I shut my physical eyes and poured more of my soul out my body, covering the inert creature before me, sinking through his papery skin and hardened bones. I sensed nothing from him—nothing at all. The fear and hunger which hung around him were old emotions slowly dissipating into the atmosphere around him. Theda's rage spoke to me from an empty surgical table at the other end of the enclosure. That emotion was fresh, livid, and trailed in the direction of the loading dock like bloody footprints.
The creature I hovered over wasn't dead. He was filled with that existential nothingness, that twisted magic from the lounge, that unliving energy which bubbled around his heart like plush black velvet. The vampire held no emotion. No hunger. No fear. No anger. Nothing but the energy which animated Lorro Di Stefano and came out of those odd amulets.

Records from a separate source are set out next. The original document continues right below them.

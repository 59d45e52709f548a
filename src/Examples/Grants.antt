-- ===== src/Examples/Grants.antt =====
-- A grant of src/sandbox_api/grants.py that is made and verified, with bytes written in unary: as many "a"
-- as a byte says, and a "b".
use Prim.Native.Char.{code}
use Prim.Native.String.{String, [], ◌∷◌}
use litellm_gateway.Prelude.{
  ℕ, zero, suc, ◌+◌, ◌≡◌, refl, ap, ◌∙◌, false, Option, none, some, [], ◌∷◌, nat_eq, if◌then◌else◌,
  arith,
}
use litellm_gateway.Prelude.Json.{pos, str, obj, Fields, end, field, get}
use litellm_gateway.Prelude.Text.{has_char}
use litellm_gateway.SandboxApi.Grants.{
  Signing, Bytes, accepted, verify_grant, issue_grant, payload_of,
}
use litellm_gateway.SandboxApi.Grants.RoundTrip.{IsFaithful, grant_round_trip}

unfoldable tally : ℕ → String → String
tally zero s = "b" ∷ s
tally (suc n) s = "a" ∷ tally n s

unfoldable unary : Bytes → String
unary [] = []
unary (n ∷ bytes) = tally n (unary bytes)

abbrev with_byte : ℕ → Option Bytes → Option Bytes
with_byte n none = none
with_byte n (some bytes) = some (n ∷ bytes)

unfoldable counted : ℕ → String → Option Bytes
counted n [] = some []
counted n (c ∷ s) =
    let more = counted (suc n) s in
    let next = counted 0 s in if nat_eq (code c) 97 then more else with_byte n next

counted-tally : (n m : ℕ) (s : String) → counted m (tally n s) ≡ with_byte (n + m) (counted 0 s)
unfolding counted tally
counted-tally zero m s = ap (λ k. with_byte k (counted 0 s)) (omega arith)
counted-tally (suc n) m s =
    counted-tally n (suc m) s ∙ ap (λ k. with_byte k (counted 0 s)) (omega arith)

counted-unary : (bytes : Bytes) → counted 0 (unary bytes) ≡ some bytes
unfolding counted unary
counted-unary [] = refl
counted-unary (n ∷ bytes) =
    counted-tally n 0 (unary bytes)
    ∙ rw (counted-unary bytes) (ap (λ k. some (k ∷ bytes)) (omega arith))

tally_without_dot : (n : ℕ) (s : String) → has_char 46 (tally n s) ≡ has_char 46 s
unfolding tally has_char
tally_without_dot zero s = refl
tally_without_dot (suc n) s = tally_without_dot n s

unary_without_dot : (bytes : Bytes) → has_char 46 (unary bytes) ≡ false
unfolding unary has_char
unary_without_dot [] = refl
unary_without_dot (n ∷ bytes) = tally_without_dot n (unary bytes) ∙ unary_without_dot bytes

abbrev claims : Fields
claims = field "workspace_id" (str "workspace_a") end

abbrev payload : Fields
payload = payload_of "open-webui" "sandbox-manager" "sandbox_create" (pos 100) (pos 120) "n1" claims

abbrev signing : Signing
signing = record {
  digest = λ secret message. 3 ∷ [];
  encode = unary;
  decode = counted 0;
  dumps = λ value. 2 ∷ 1 ∷ [];
  loads = λ bytes. some (obj payload);
}

signing-IsFaithful : IsFaithful signing payload
signing-IsFaithful = record {
  without_dot = unary_without_dot;
  decoded = counted-unary;
  sorted = payload;
  read_back = refl;
  same_values = λ k. refl;
}

grant_round_trip_example :
    (q : Fields) × (verify_grant signing
        (issue_grant signing "secret" "open-webui" "sandbox-manager" "sandbox_create"
          (pos 100)
          (pos 120)
          "n1"
          claims)
        "secret"
        "sandbox-manager"
        (some "sandbox_create")
        110
        900
      ≡ accepted q)
    × ((k : String) → get k q ≡ get k payload)
grant_round_trip_example =
    grant_round_trip signing "secret" "open-webui" "sandbox-manager" "sandbox_create" "n1" 110 900
      100 120 claims signing-IsFaithful (refl, tt) refl (omega arith) (omega arith) (omega arith)
      (omega arith) (unfold issue_grant in unfold unary in unfold tally in omega arith)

If the other vampires dumped across Roccia Nera had been experimental failures, then this creature surely was a success. His soul had been scooped out and his body refilled with that artificial magic.
I looked again at the marbling about his temples, recalling the same discoloration on Dominick, the cemetery and Amondale vampires—and on Lorro Di Stefano. Lorro, who fed upon his children and was becoming something else entirely.
This wasn't a vampire. This was a revenant.
I was leaning over a goddamn revenant.
White, milky eyes snapped open, sensing my proximity. I looked at it and it looked at me. Lips pulled back over yellowed fangs, and an unearthly scream rose from its rotting mouth.